▽

-- ===== src/Tests/Regions.antt =====
-- Runs on the region lists of src/area.c.
use netmalloc.Common.{rebuild, ℕ, ◌+◌, ◌≡◌, refl, inl, inr, true, [], ◌∷◌, arith, Returns}
use netmalloc.Region.{RegionStruct, AreaStruct, Cursor, cursor, add_region, free_region}
use netmalloc.Region.Order.{Ordered, CursorOrdered}
use netmalloc.Region.Coalesced.{Coalesced, free_region-Coalesced}
use netmalloc.Region.Coalesced.Add.{LeavesCoalesced, add_region-Coalesced}
use netmalloc.Region.Total.{free_region-keeps_account, add_region-moves_account}
use netmalloc.Region.Space.{accounted}
use netmalloc.Region.Space.Add.{AccountsFor, reuses}

abbrev region : ℕ → ℕ → ℕ → RegionStruct
region free size start = record { free = free; size = size; virtual_start = start }

-- A free region between two in use.
abbrev used_1 : RegionStruct
used_1 = region 0 100 8192

abbrev hole : RegionStruct
hole = region 1 200 8292

abbrev used_2 : RegionStruct
used_2 = region 0 50 8492

abbrev area : AreaStruct
area = record {
  vma = 7;
  pid = 1;
  size = 8192;
  free_space = 8042;
  head_free = 0;
  head_size = 0;
  regions = used_1 ∷ hole ∷ used_2 ∷ [];
}

abbrev at_used_1 : Cursor
at_used_1 = cursor [] used_1 (hole ∷ used_2 ∷ [])

area-Ordered : Ordered 8192 area.regions 8542
area-Ordered = (omega arith, (omega arith, (omega arith, omega arith)))

at_used_1-Ordered : CursorOrdered 8192 at_used_1 8542
at_used_1-Ordered = (tt, (omega arith, (omega arith, (omega arith, omega arith))))

area-Coalesced : Coalesced area.regions
area-Coalesced = (inl (omega arith), (inl (omega arith), (inr (omega arith), omega arith)))

free_region-Coalesced_example :
    Returns (λ m. Coalesced m.regions × (m.head_free ≡ 0)) (free_region area at_used_1)
unfolding rebuild
free_region-Coalesced_example = free_region-Coalesced area at_used_1 (omega arith) area-Coalesced

free_region-keeps_account_example :
    Returns (λ m. accounted m ≡ accounted area + 0) (free_region area at_used_1)
unfolding rebuild
free_region-keeps_account_example =
    free_region-keeps_account area at_used_1 refl (omega arith) area-Coalesced (omega arith)

add_region-Coalesced_example : Returns (LeavesCoalesced 0) (add_region true true 8192 area 80)
add_region-Coalesced_example =
    add_region-Coalesced true true 8192 80 area (omega arith) area-Coalesced

-- The hole is reused whole.
add_region-moves_account_example :
    Returns (AccountsFor area 200 (reuses 200 area.regions)) (add_region true true 8192 area 200)
add_region-moves_account_example =
    add_region-moves_account true 8192 200 area (omega arith) (omega arith)
      (omega arith, (omega arith, (omega arith, tt))) area-Coalesced (omega arith)
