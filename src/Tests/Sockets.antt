-- ===== src/Tests/Sockets.antt =====
-- Runs on src/socket.c, on the start of the network storage, and on the start and the end of the module.
use netmalloc.Common.{
  ℕ, suc, ◌≡◌, ◌≢◌, refl, Bool, true, false, not, ◌&&◌, Option, none, some, List, [], ◌∷◌, arith,
  ◌==◌, leb, if◌then◌else◌, pos, negsuc, Returns,
}
use netmalloc.Socket.{SockaddrIn, SocketKernel, Task, user_ds, inet_addr}
use netmalloc.Socket.Address.{dotted, inet_addr-dotted}
use netmalloc.Socket.Init.{IsSocketKernel, Connected}
use netmalloc.Storage.Network.Init.{Strings, colon, network_init, network_init-Connected}
use netmalloc.Storage.Network.Server.{idle}
use netmalloc.Storage.Network.Stack.{Wire, SameAsLink, socket_ops-link}
use netmalloc.Syscall.{Syscalls}
use netmalloc.Vma.{listed}
use netmalloc.Module.{StorageControl, netmalloc_init_module, netmalloc_exit_module}
use netmalloc.Module.Load.{Loaded, netmalloc_init_module-Loaded}
use netmalloc.Module.Unload.{frees, held, netmalloc_exit_module-frees}
use netmalloc.Tests.Paging.{table}
use netmalloc.Tests.Reach.{faulted, run}

-- Sockets are numbered from 1 on; `made` is the last one.
record World : Type 0 where
  made : ℕ
  closed : ℕ → Bool
  peers : ℕ → Option SockaddrIn

-- A kernel that refuses connections, but for one port.
abbrev kernel : SocketKernel ℕ World
kernel = record {
  sock_create = λ w p.
      let q = suc w.made in
      (record w { made = q; closed = λ n. if q == n then false else w.closed n }, q, pos 0);
  connect = λ w p a.
      if a.sin_port == 14640
      then (record w { peers = λ n. if p == n then some a else w.peers n }, pos 0)
      else (w, negsuc 110);
  release = λ w p. record w { closed = λ n. if p == n then true else w.closed n };
  sock_sendmsg = λ w s p m len. (w, pos len);
  sock_recvmsg = λ w s p m len flags. (w, m.msg_iov.iov_base, pos len);
}

kernel-laws : IsSocketKernel kernel
kernel-laws = record {
  is_open = λ w q. (leb 1 q && leb q w.made) && not (w.closed q);
  peer = λ w q. w.peers q;
  create_new = λ w p h. (omega arith, ground arith, λ q. ground arith);
  create_error = λ w p q h. absurd (ground arith);
  connect_open = λ w p q a. ground arith;
  connect_peer = λ w p a h. ground arith;
  release_open = λ w p q. ground arith;
}

abbrev world : World
world = record { made = 0; closed = λ n. false; peers = λ n. none }

-- kstrtol on the text `12345`.
abbrev strings : Strings
strings = record { kstrdup = true; kstrtol = λ s old. (pos 0, 12345) }

abbrev text : List ℕ
text = 49 ∷ 50 ∷ 51 ∷ 52 ∷ 53 ∷ []

network_init-Connected_example :
    Connected kernel-laws world
      (record { sin_family = 2; sin_port = 14640; s_addr = 16777343 })
      (network_init kernel strings world 0 (dotted 127 0 0 1 (colon ∷ text)) 0 (9, 9, 9, 9))
network_init-Connected_example =
    network_init-Connected kernel-laws strings world 0 127 0 0 1 text 0 12345 (9, 9, 9, 9)
      (omega arith) (omega arith) (omega arith) (omega arith) refl refl

inet_addr-dotted_example : inet_addr (dotted 192 168 1 10 []) 9 9 9 9 ≡ 167880896
inet_addr-dotted_example =
    inet_addr-dotted 192 168 1 10 9 9 9 9 (omega arith) (omega arith) (omega arith) (omega arith)

abbrev task : Task (Wire {Page = ℕ} 0)
task = record {
  segment = user_ds;
  world = record { connection = idle 0 (λ p a. none); released = [] };
}

socket_ops-link_example : SameAsLink {Page = ℕ} 0 1 task 1 4096 6
socket_ops-link_example = socket_ops-link 0 1 task 1 4096 6 (omega arith) (unfold listed in refl)

-- A storage that does not start for the parameter 1.
abbrev control : StorageControl table 0 ℕ
control = record {
  init = λ param c. if param == 1 then (c, negsuc 0) else (c, pos 0);
  release = λ c p b. 0;
}

-- `close` is entry 3, and the page of the table is present and writable.
abbrev calls : Syscalls
calls = record {
  table = λ n. if n == 3 then 300 else 998;
  pte = 3;
  original_syscall = 0;
  syscall_table = true;
}

netmalloc_init_module-Loaded_example :
    Returns
      (Loaded table 0 control 3 300 184 185 8192 1000 2000 1
        (record { syscalls = calls; state = faulted }))
      (netmalloc_init_module table 0 control 3 300 184 185 true 1000 2000 1
        (record { syscalls = calls; state = faulted }))
netmalloc_init_module-Loaded_example =
    netmalloc_init_module-Loaded table 0 control 3 300 184 185 8192 1000 2000 1
      (record { syscalls = calls; state = faulted }) refl (omega arith) (omega arith) (omega arith)
      (omega arith)

netmalloc_exit_module-frees_example :
    Returns
      (λ out.
        let t = out.0.state in
        (t.areas.area_list ≡ [])
        × (t.buffers ≡ [])
        × (t.stored_pages ≡ [])
        × (t.contents ≡ (λ p b. 0))
        × ((p : ℕ) → p ≢ 0 → frees p out.1 ≡ (if held p faulted.buffers then 1 else 0)))
      (netmalloc_exit_module table 0 control 3 300 184 185
        (record { syscalls = calls; state = faulted }))
netmalloc_exit_module-frees_example =
    netmalloc_exit_module-frees table 0 control 3 300 184 185 13192
      (record { syscalls = calls; state = faulted }) run refl (omega arith)
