-- ===== src/Upgrade/Pushed.antt =====
-- socket_server/handlers.py, lines 36 to 97, and socket_server/upgrader.py, lines 23 to 82: an upgrade from its
-- command to its start.
use socket_server.Prelude.{
  either_by, not-false, either, ℕ, zero, suc, ◌+◌, ◌-◌, ◌≤◌, ◌≡◌, refl, sym, ap, ◌∙◌, subst, ◌⊎◌,
  inl, inr, Bool, true, false, not, ◌&&◌, ◌||◌, none, some, [], ◌∷◌, arith, ltb, ◌==◌,
  if◌then◌else◌, Bool-cases, Option-cases, length, All,
}
use socket_server.Prelude.Bytes.{Bytes, Text, eqb, eqb_refl, eqb→eq}
use socket_server.Prelude.Dict.{lookup-insert}
use socket_server.Prelude.Strip.{is_space, lstrip, rstrip, strip}
use socket_server.Upgrade.{
  Hashes, Version, Versions, is_version, dotted, plain_version, version_dir, or_no_version,
  put_version, check_package, finalize_version, finalize_pushed_version, resolve, is_executable,
  is_version_downloaded, switch_to, Host, all_hex, Applied, accepted, not_finalized, finalized,
  under_lock, apply_pushed_upgrade, restart_after_upgrade, started, upgrade,
}

-- The characters of a version number.
abbrev IsPart : ℕ → Type 0
IsPart c = (46 ≤ c) × (c ≤ 57)

dotted-parts : (least most : ℕ) (b : Bool) (s : Text) → dotted least most b s ≡ true → All IsPart s
unfolding dotted
dotted-parts least most b [] h = tt
dotted-parts least zero b (c ∷ cs) h = ground (arith, dotted-parts least zero true cs)
dotted-parts least (suc most) b (c ∷ cs) h =
    ground (arith, dotted-parts least (suc most) true cs, dotted-parts (least - 1) most false cs)

rstrip_kept : (s : Text) → All IsPart s → rstrip is_space s ≡ s
unfolding rstrip
rstrip_kept [] h = refl
rstrip_kept (c ∷ []) h = let no_space : is_space c ≡ false = ground arith in rw no_space
rstrip_kept (c ∷ d ∷ ds) h = rw (rstrip_kept (d ∷ ds) h.1)

lstrip_kept : (f : ℕ → Bool) (c : ℕ) (cs : Text) → f c ≡ false → lstrip f (c ∷ cs) ≡ c ∷ cs
unfolding lstrip
lstrip_kept f c cs h = rw h

-- A version number is in its plain form.
plain_version_kept : (s : Text) → All IsPart s → plain_version s ≡ s
unfolding plain_version strip
plain_version_kept [] h = unfold lstrip in unfold rstrip in refl
plain_version_kept (c ∷ cs) h =
    ap (λ s. lstrip (λ d. d == 118) (rstrip is_space s)) (lstrip_kept is_space c cs (ground arith))
    ∙ ap (lstrip (λ d. d == 118)) (rstrip_kept (c ∷ cs) h)
    ∙ lstrip_kept (λ d. d == 118) c cs (ground arith)

-- No version number is the name of the link.
resolve_version : (s : Text) (v : Versions) → is_version s ≡ true → resolve s v ≡ some s
unfolding resolve is_version dotted eqb
resolve_version [] v h = cc
resolve_version (c ∷ cs) v h = let no_c : (c == 99) ≡ false = ground arith in rw no_c

version_dir-put_version :
    (u v : Text) (d : Version) (s : Versions)
    → version_dir u (put_version v d s) ≡ (if eqb u v then d else version_dir u s)
unfolding version_dir
version_dir-put_version u v d s =
    ap or_no_version (lookup-insert u v d s.versions)
    ∙ elim (Bool-cases (eqb u v)) [ inl same ↦ rw same refl | inr other ↦ rw other refl ]

-- A new directory with the old binary changes no binary.
same_binary :
    (u v : Text) (d : Version) (s : Versions)
    → d.binary ≡ (version_dir v s).binary
    → (version_dir u (put_version v d s)).binary ≡ (version_dir u s).binary
same_binary u v d s e = elim (Bool-cases (eqb u v)) [
  | inl same ↦ rw (version_dir-put_version u v d s, same, eqb→eq u v same) e
  | inr other ↦ rw (version_dir-put_version u v d s, other) refl
]

module _ (h : Hashes) where
  -- The binary of a version has the checksum `sha`, and its x bit is set.
  pub record IsInstalled (v sha : Text) (s : Versions) : Type 0 where
    pub pushed : Bytes
    pub installed : (version_dir v s).binary ≡ some (pushed, true)
    pub checked : eqb (h.sha256 pushed) sha ≡ true

  -- Why a package is refused: there is none, and nothing changes; or it has another checksum, and it alone
  -- is removed.
  abbrev pub Rejects : Text → Text → Versions → Versions → Type 0
  Rejects v sha s s' =
      (((version_dir v s).staging_binary ≡ none) × (s' ≡ s))
      ⊎ ((pushed : Bytes) × ((version_dir v s).staging_binary ≡ some pushed)
          × (eqb (h.sha256 pushed) sha ≡ false)
          × (s' ≡ put_version v (record (version_dir v s) { staging_binary = none }) s))

  -- What a call that finalizes leaves.
  abbrev Finalizes : Text → Text → Versions → Bool × Versions → Type 0
  Finalizes v sha s (true, s') = IsInstalled v sha s' × (s'.restarts ≡ s.restarts)
  Finalizes v sha s (false, s') =
      (s'.current ≡ s.current)
      × (s'.restarts ≡ s.restarts)
      × ((u : Text) → (version_dir u s').binary ≡ (version_dir u s).binary)
      × Rejects v sha s s'

  check_package-Finalizes :
      (v expected : Text) (pushed : Bytes) (s : Versions)
      → (version_dir v s).staging_binary ≡ some pushed
      → Finalizes v (h.lower (strip is_space expected)) s (check_package h v expected pushed s)
  unfolding check_package
  check_package-Finalizes v expected pushed s known =
      elim (Bool-cases (eqb (h.sha256 pushed) (h.lower (strip is_space expected)))) [
        | inl right ↦ rw right (
          record {
            pushed = pushed;
            installed =
                rw
                  (
                    version_dir-put_version v v
                        (record { staging_binary = none; binary = some (pushed, true) }) s,
                    eqb_refl v,
                  )
                  refl;
            checked = right;
          },
          refl,
        )
        | inr wrong ↦ rw wrong (
          refl,
          refl,
          (λ u. same_binary u v (record (version_dir v s) { staging_binary = none }) s refl),
          inr (pushed, known, wrong, refl),
        )
      ]

  finalize_version-Finalizes :
      (v expected : Text) (s : Versions)
      → is_version v ≡ true
      → Finalizes v (h.lower (strip is_space expected)) s (finalize_version h v expected s)
  unfolding finalize_version
  finalize_version-Finalizes v expected s valid =
      rw valid (elim (Option-cases (version_dir v s).staging_binary) [
        | inl nothing ↦
            rw (nothing, finalize_version) (refl, refl, (λ u. refl), inl (nothing, refl))
        | inr (pushed, known) ↦
            rw (known, finalize_version) (check_package-Finalizes v expected pushed s known)
      ])

  finalize_pushed_version-Finalizes :
      (v expected : Text) (s : Versions)
      → plain_version v ≡ v
      → is_version v ≡ true
      → Finalizes v (h.lower (strip is_space expected)) s (finalize_pushed_version h v expected s)
  unfolding finalize_pushed_version
  finalize_pushed_version-Finalizes v expected s plain valid =
      subst
        (λ u. Finalizes v (h.lower (strip is_space expected)) s (finalize_version h u expected s))
        (sym plain) (finalize_version-Finalizes v expected s valid)

  downloaded :
      (v sha : Text) (s : Versions)
      → plain_version v ≡ v
      → is_version v ≡ true
      → IsInstalled v sha s
      → is_version_downloaded v s ≡ true
  unfolding is_version_downloaded is_executable
  downloaded v sha s plain valid i =
      rw (plain, resolve_version v s valid, is_version_downloaded, i.installed, is_executable)

  -- What an answer asks of the host afterwards, for the version `v` and the checksum `sha` of the request.
  abbrev pub UpgradeLeaves : Text → Text → Host → Applied × Host → Type 0
  UpgradeLeaves v sha host (accepted u, host') =
      (u ≡ v)
      × IsInstalled v sha host'.disk
      × (host'.disk.current ≡ some v)
      × (is_version_downloaded v host'.disk ≡ true)
      × (host'.disk.restarts ≡ host.disk.restarts + 1)
      × (host.autoupgrade ≡ true)
      × (host'.upgrade_lock ≡ host.upgrade_lock)
  UpgradeLeaves v sha host (not_finalized, host') =
      (host'.disk.current ≡ host.disk.current)
      × (host'.disk.restarts ≡ host.disk.restarts)
      × ((u : Text) → (version_dir u host'.disk).binary ≡ (version_dir u host.disk).binary)
      × (host'.upgrade_lock ≡ host.upgrade_lock)
      × Rejects v sha host.disk host'.disk
  UpgradeLeaves v sha host (refusal, host') = host' ≡ host

  finalized-Leaves :
      (v expected : Text) (host : Host) (r : Bool × Versions)
      → plain_version v ≡ v
      → is_version v ≡ true
      → host.autoupgrade ≡ true
      → Finalizes v (h.lower (strip is_space expected)) host.disk r
      → UpgradeLeaves v (h.lower (strip is_space expected)) host (started (finalized h v host r))
  unfolding finalized restart_after_upgrade switch_to started version_dir
  finalized-Leaves v expected host (false, d) plain valid on f =
      let (current, restarts, binaries, why) = f in (current, restarts, binaries, refl, why)
  finalized-Leaves v expected host (true, d) plain valid on f =
      let sha = h.lower (strip is_space expected) in
      let new : IsInstalled v sha (record d { current = some v; restarts = d.restarts + 1 }) =
        record { pushed = f.0.pushed; installed = f.0.installed; checked = f.0.checked } in
      rw (plain, downloaded v sha d plain valid f.0)
        (
          refl,
          new,
          refl,
          downloaded v sha (record d { current = some v; restarts = d.restarts + 1 }) plain valid
              new,
          ap (λ n. n + 1) f.1,
          on,
          refl,
        )

  under_lock-Leaves :
      (v expected : Text) (force : Bool) (host : Host)
      → plain_version v ≡ v
      → is_version v ≡ true
      → host.autoupgrade ≡ true
      → host.upgrade_lock ≡ false
      → UpgradeLeaves v
          (h.lower (strip is_space expected))
          host
          (started (under_lock h v expected force (record host { upgrade_lock = true })))
  unfolding under_lock started
  under_lock-Leaves v expected force host plain valid on free =
      let sha = h.lower (strip is_space expected) in
      let held = record host { upgrade_lock = false } in
      let back : held ≡ host = ap (λ b. record host { upgrade_lock = b }) (sym free) in
      either (λ r. UpgradeLeaves v sha host (started r)) (ltb 1 host.active_clients && not force) _
        _ back
        (subst
          (λ k.
            UpgradeLeaves v sha k
              (started (finalized h v held (finalize_pushed_version h v expected host.disk))))
          back
          (finalized-Leaves v expected held (finalize_pushed_version h v expected host.disk) plain
            valid on (finalize_pushed_version-Finalizes v expected host.disk plain valid)))

  -- How command 20 is answered decides what it leaves. An accepted version is that of the request, without a
  -- leading v: it is installed with the announced checksum, `current` leads to it, it can be started, the
  -- service was restarted once, and upgrades were allowed. A package that is not accepted leaves all
  -- binaries, the link and the number of restarts as they were: there was none, and nothing changed, or it
  -- had another checksum, and it alone was removed. Any other refusal changes nothing. The lock is as it
  -- was.
  pub upgrade-UpgradeLeaves :
      (version sha : Text) (force : Bool) (host : Host)
      → UpgradeLeaves
          (plain_version version)
          (h.lower (strip is_space (h.lower (strip is_space sha))))
          host
          (upgrade h version sha force host)
  unfolding upgrade apply_pushed_upgrade started is_version
  upgrade-UpgradeLeaves version sha force host =
      let v = plain_version version in
      let expected = h.lower (strip is_space sha) in
      let Leaves : Applied × Host → Type 0 =
        λ r. UpgradeLeaves v (h.lower (strip is_space expected)) host (started r) in
      either_by Leaves (not (is_version v)) _ _ (λ e. refl)
        λ valid. either Leaves (not (length expected == 64) || not (all_hex expected)) _ _ refl (
          either_by Leaves (not host.autoupgrade) _ _ (λ e. refl)
            λ on.
              either_by Leaves host.upgrade_lock _ _ (λ e. refl)
                λ free.
                  under_lock-Leaves v expected force host
                    (plain_version_kept v (dotted-parts 1 3 false v (not-false _ valid)))
                    (not-false _ valid) (not-false _ on) free)
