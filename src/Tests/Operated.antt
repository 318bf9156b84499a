-- ===== src/Tests/Operated.antt =====
-- Runs of the upgrade and of the count of connections.
use socket_server.Prelude.{
  List, inl, Option, if◌then◌else◌, ◌<◌, ◌≡◌, refl, true, false, none, some, [], ◌∷◌, arith,
  replicate,
}
use socket_server.Prelude.Bytes.{codes, Text, eqb}
use socket_server.Prelude.Strip.{is_space, strip, rstrip}
use socket_server.Upgrade.{Hashes, Host, plain_version, upgrade}
use socket_server.Upgrade.Setting.{read_autoupgrade_config, set_autoupgrade}
use socket_server.Upgrade.Setting.ReadBack.{IsStripped, read-set_autoupgrade}
use socket_server.HttpFile.Port.{read_http_port}
use socket_server.HttpFile.Port.Kept.{
  port_key, port_of, last_value, lines_of, read_http_port-set_autoupgrade,
}
use socket_server.Prelude.Int.{ℤ, pos}
use socket_server.Upgrade.Switched.{IsRefused, upgrade-IsRefused}
use socket_server.Upgrade.Pushed.{UpgradeLeaves, upgrade-UpgradeLeaves}
use socket_server.Server.{Tracker, get_idle_state, setup, finish}
use socket_server.Server.Connections.{System, comes, goes, Steps, stop, step, Steps-get_idle_state}

-- Every file has the checksum of 64 zeros.
abbrev zeros : Hashes
zeros = record { sha256 = λ b. replicate 64 48; lower = λ s. s }

abbrev host : Host
host = record {
  upgrade_lock = false;
  active_clients = 1;
  autoupgrade = true;
  disk = record {
    versions = (codes "1.9.0", record { staging_binary = some (1 ∷ 2 ∷ []); binary = none }) ∷ [];
    current = some (codes "1.8.0");
    restarts = 0;
  };
}

upgrade-UpgradeLeaves_example :
    UpgradeLeaves zeros
      (plain_version (codes "v1.9.0"))
      (zeros.lower (strip is_space (zeros.lower (strip is_space (replicate 64 48)))))
      host
      (upgrade zeros (codes "v1.9.0") (replicate 64 48) false host)
upgrade-UpgradeLeaves_example =
    upgrade-UpgradeLeaves zeros (codes "v1.9.0") (replicate 64 48) false host

abbrev quiet : System
quiet = record {
  connections = [];
  clock = 5;
  tracker = record { active_clients = 0; last_disconnect_time = 0 };
}

abbrev one_open : System
one_open = record quiet { connections = 7 ∷ []; tracker = setup quiet.tracker }

abbrev two_open : System
two_open = record one_open { connections = 8 ∷ 7 ∷ []; tracker = setup one_open.tracker }

-- The first of two connections goes before the second.
abbrev first_gone : System
first_gone = record { connections = 8 ∷ []; clock = 5; tracker = finish 5 two_open.tracker }

abbrev three_steps : Steps quiet first_gone
three_steps = step quiet one_open first_gone (comes 7 quiet) (
    step one_open two_open first_gone (comes 8 one_open) (
      step two_open first_gone first_gone (goes (8 ∷ []) [] 7 5 two_open.tracker)
        (stop first_gone)))

Steps-get_idle_state_example :
    ((get_idle_state 5 first_gone.tracker).0 ≡ 1)
    × (0 < 1 → (get_idle_state 5 first_gone.tracker).1 ≡ 0)
Steps-get_idle_state_example =
    Steps-get_idle_state quiet first_gone three_steps (record { counts = refl; past = omega arith })

abbrev lines : List Text
lines = codes "http_port = 9001" ∷ codes "autoupgrade= on " ∷ []

off-IsStripped : IsStripped (codes "off")
unfolding rstrip
off-IsStripped = record { led = refl; ended = refl }

read-set_autoupgrade_example :
    read_autoupgrade_config zeros (some (set_autoupgrade (codes "off") (some lines)))
    ≡ eqb (codes "off") (codes "on")
read-set_autoupgrade_example = read-set_autoupgrade zeros (codes "off") (some lines) off-IsStripped

-- `int` as far as the test needs it.
abbrev as_int : Text → Option ℤ
as_int s = if eqb s (codes "9001") then some (pos 9001) else none

read_http_port-set_autoupgrade_example :
    read_http_port as_int (some (set_autoupgrade (codes "off") (some lines)))
    ≡ port_of as_int (last_value port_key (lines_of (some lines)) none)
read_http_port-set_autoupgrade_example =
    read_http_port-set_autoupgrade as_int (codes "off") (some lines) off-IsStripped

abbrev nobody : Tracker
nobody = record { active_clients = 0; last_disconnect_time = 3 }

-- The host after upgrades were switched off.
abbrev off_host : Host
off_host = record host {
  active_clients = (setup nobody).active_clients;
  autoupgrade = read_autoupgrade_config zeros (some (set_autoupgrade (codes "off") (some lines)));
}

upgrade-IsRefused_example :
    IsRefused off_host (upgrade zeros (codes "v1.9.0") (replicate 64 48) true off_host)
unfolding eqb
upgrade-IsRefused_example =
    upgrade-IsRefused zeros (codes "v1.9.0") (replicate 64 48) true off_host (codes "off")
      (some lines) nobody off-IsStripped refl refl refl (inl refl)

△

Each line of the data that holds "Applied" should be reported.

*Response*
  is_version_downloaded, switch_to, Host, all_hex, Applied, accepted, not_finalized, finalized,
  abbrev pub UpgradeLeaves : Text → Text → Host → Applied × Host → Type 0
      let Leaves : Applied × Host → Type 0 =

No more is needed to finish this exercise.